Par ailleurs, en réponse à la question du départ massif des médecins spécialistes vers l’étranger, le ministre a répliqué que ce phénomène est « minime et ne connaît pas l’ampleur que veulent lui donner certains ». Il a ajouté : « Il est vrai qu’il y a un certain nombre de départs de médecins à l’étranger et toutes les portes sont ouvertes pour leur retour, mais nous, en Algérie, nous ne considérons pas qu’il s’agisse d’un départ massif. » Il a conforté ces propos en affirmant que depuis 1990, environ 32 000 spécialistes ont été formés, dont 16 287 se trouvent aujourd’hui dans le secteur public et 13 000 dans le secteur privé.

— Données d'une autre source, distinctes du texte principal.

-- ===== src/Mutator/Unstable.antt =====
-- internal/mutator/pass.go: a whole pass over unstable looks.
use mathlib.Core.List.{Memᴰ}
use molebridge.Base.{
  ℕ, zero, suc, Bool, true, false, ◌≡◌, refl, inl, inr, Option, none, some, List, Bool-cases, arith,
}
use molebridge.Rtnl.Addr.{Family}
use molebridge.Rtnl.Rule.{Rule}
use molebridge.Rtnl.Route.{Route, Snapshot}
use molebridge.Contract.Config.{is_gluetun_sidecar}
use molebridge.Contract.Plan.{interest}
use molebridge.Mutator.Kernel.{Options}
use molebridge.Mutator.Owner.{Answer, err, got, PassResult, Owner, looked, snapshot}
use molebridge.Mutator.Kept.{Looks, snapshot-keeps}
use molebridge.Mutator.Pass.{max_rounds, start_result}
use molebridge.Mutator.Rounds.{
  Next, again, stop, look_after, look_again, round_step, Result, then_rounds, rounds, or_nothing,
  from_look, first_look, run_rounds, finish, reconcile, record_pass,
}
use molebridge.Mutator.Cases.{adopted, round_step-cases}
use molebridge.Mutator.Phantom.{repair-keeps}
use molebridge.Mutator.Lawful.{Lawful}
use molebridge.Mutator.Gapless.{Held-Looks}

module _ {K : Type 0} (o : Options K) (P : K → Type 0) (looks : Looks o.kernel P)
    (adds : (r : Rule) (k : K) → P k → P (o.kernel.add_rule r k).1)
    (replaces : (r : Route) (k : K) → P k → P (o.kernel.replace_route r k).1)
    (unsure : (ts : List ℕ) (k : K) (snap : Snapshot)
      → (o.kernel.take ts k).0 ≡ some snap
      → snap.unstable ≡ true) where
  -- What goes on after a round over an unstable look.
  NextKept : Next K → Type 0
  NextKept (again snap res t) = (snap.unstable ≡ true) × P t.kernel
  NextKept (stop e res t) = P t.kernel

  ResultKept : Result o → Type 0
  ResultKept none = Unit
  ResultKept (some (e, res, t)) = P t.kernel

  looked-unsure :
      (a : Option Snapshot) (t : Owner K)
      → ((snap : Snapshot) → a ≡ some snap → snap.unstable ≡ true)
      → (snap : Snapshot) → (looked o a t).0 ≡ got snap
      → snap.unstable ≡ true
  unfolding looked
  looked-unsure none t h snap e = cc
  looked-unsure (some s) t h snap e = h snap (cc)

  snapshot-unsure :
      (t : Owner K) (snap : Snapshot) → (snapshot o t).0 ≡ got snap → snap.unstable ≡ true
  unfolding snapshot
  snapshot-unsure t snap h = elim (Bool-cases (o.kernel.expired t.kernel)) [
    | inl e ↦ absurd (let k = rw e at h in cc)
    | inr e ↦
        looked-unsure (o.kernel.take (interest t.spec) t.kernel).0 _
          (unsure (interest t.spec) t.kernel) snap (rw e at h)
  ]

  look_after-keeps :
      (late : Bool) (res : PassResult) (a : Answer Snapshot) (t : Owner K)
      → ((snap : Snapshot) → a ≡ got snap → snap.unstable ≡ true)
      → P t.kernel
      → NextKept (look_after o late res a t)
  unfolding look_after NextKept
  look_after-keeps late res (err e) t u h = h
  look_after-keeps true res (got snap) t u h = h
  look_after-keeps false res (got snap) t u h = (u snap refl, h)

  look_again-keeps :
      (late : Bool) (st : PassResult × Owner K) → P st.1.kernel → NextKept (look_again o late st)
  unfolding look_again
  look_again-keeps late st h =
      let (answer, t) = snapshot o st.1 in
      look_after-keeps late st.0 answer t (snapshot-unsure st.1) (snapshot-keeps o P looks st.1 h)

  round_step-keeps :
      (r : ℕ) (snap : Snapshot) (res : PassResult) (t : Owner K)
      → snap.unstable ≡ true
      → P t.kernel
      → NextKept (round_step o r snap res t)
  round_step-keeps r snap res t u h =
      let t' = adopted o r snap res t in
      round_step-cases o r snap res t NextKept (unfold NextKept in h)
        (λ _. look_again-keeps false (res, t') h) (λ _ _ _. unfold NextKept in h)
        (λ e. absurd (ground (arith, u, e))) (unfold NextKept in h)
        (look_again-keeps false _ (repair-keeps o P looks adds replaces snap _ res t' u h))

  then_rounds-keeps :
      (x : Next K) (more : Snapshot → PassResult → Owner K → Result o)
      → NextKept x
      → ((snap : Snapshot) (res : PassResult) (t : Owner K)
          → snap.unstable ≡ true
          → P t.kernel
          → ResultKept (more snap res t))
      → ResultKept (then_rounds o x more)
  unfolding then_rounds NextKept ResultKept
  then_rounds-keeps (again snap res t) more h k = k snap res t h.0 h.1
  then_rounds-keeps (stop e res t) more h k = h

  rounds-keeps :
      (n r : ℕ) (snap : Snapshot) (res : PassResult) (t : Owner K)
      → snap.unstable ≡ true
      → P t.kernel
      → ResultKept (rounds o n r snap res t)
  unfolding rounds ResultKept
  rounds-keeps zero r snap res t u h = tt
  rounds-keeps (suc n) r snap res t u h =
      then_rounds-keeps (round_step o r snap res t) _ (round_step-keeps r snap res t u h)
        (λ snap' res' t' u' h'. rounds-keeps n (suc r) snap' res' t' u' h')

  or_nothing-keeps :
      (t : Owner K) (r : Result o) → ResultKept r → P t.kernel → P (or_nothing t r).2.kernel
  unfolding ResultKept
  or_nothing-keeps t none h k = k
  or_nothing-keeps t (some r) h k = h

  from_look-keeps :
      (a : Answer Snapshot) (t : Owner K)
      → ((snap : Snapshot) → a ≡ got snap → snap.unstable ≡ true)
      → P t.kernel
      → P (from_look o a t).2.kernel
  unfolding from_look run_rounds
  from_look-keeps (err e) t u h = h
  from_look-keeps (got snap) t u h =
      or_nothing-keeps t (rounds o (suc max_rounds) 0 snap start_result t)
        (rounds-keeps (suc max_rounds) 0 snap start_result t (u snap refl) h) h

  pub reconcile-keeps : (t : Owner K) → P t.kernel → P (reconcile o t).1.kernel
  unfolding reconcile first_look finish record_pass
  reconcile-keeps t h = elim (Bool-cases (is_gluetun_sidecar t.spec.config)) [
    | inl e ↦ rw e h
    | inr e ↦
        let (answer, t') = snapshot o t in
        rw e (from_look-keeps answer t' (snapshot-unsure t) (snapshot-keeps o P looks t h))
  ]

-- A pass whose looks are all unstable removes no rule of a family from a kernel that behaves as
-- documented, whatever its plans say.
pub reconcile-phantom :
    {K : Type 0} (o : Options K) (holds : K → Family → List Rule)
    → Lawful o.kernel holds
    → ((ts : List ℕ) (k : K) (snap : Snapshot)
        → (o.kernel.take ts k).0 ≡ some snap
        → snap.unstable ≡ true)
    → (t : Owner K) (f : Family) (x : Rule) → Memᴰ x (holds t.kernel f)
    → Memᴰ x (holds (reconcile o t).1.kernel f)
reconcile-phantom o holds l unsure t f x m =
    reconcile-keeps o (λ k. Memᴰ x (holds k f))
      (Held-Looks o.kernel holds l f (λ rs. Memᴰ x rs) (λ xs ys sub. sub x))
      (λ r k. l.add-Held r k f x) (λ r k. l.replace_route-Held r k f x) unsure t m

Il a ajouté que l’Algérie est la mieux placée au niveau continental avec un ratio de 8 spécialistes pour 1 000 habitants, ce qui est très proche des recommandations de l’OMS qui est de 12 spécialistes pour 1 000 habitants. Il a également annoncé en plus de la publication, avant la fin de l’année, des statuts particuliers des différents corps de la santé, que les conditions socioprofessionnelles des spécialistes du secteur public seront nettement améliorées. Il a affirmé, dans ce sillage, que l’Etat mettra également tout en œuvre pour apporter le matériel médical nécessaire afin de leur permettre d’effectuer leur travail de manière optimale.
Le ministre a tenu à souligner qu’il existe une couverture médicale pour presque toutes les spécialités dans les hôpitaux du Sud et que, pour les cas qui le nécessitent, des opérations de jumelage avec les hôpitaux des autres régions sont mises en place.
Concernant la réalisation de l’hôpital algéro-qatari-allemand, M. Saihi a annoncé que demain, le 12 octobre, sera signé l’accord final pour le lancement des travaux, qui sont prévus durant les prochaines semaines. Il a ajouté que d’ici à un an ou un an et demi, certaines parties de cet hôpital seront livrées alors qu’il sera entièrement réceptionné dans deux ans.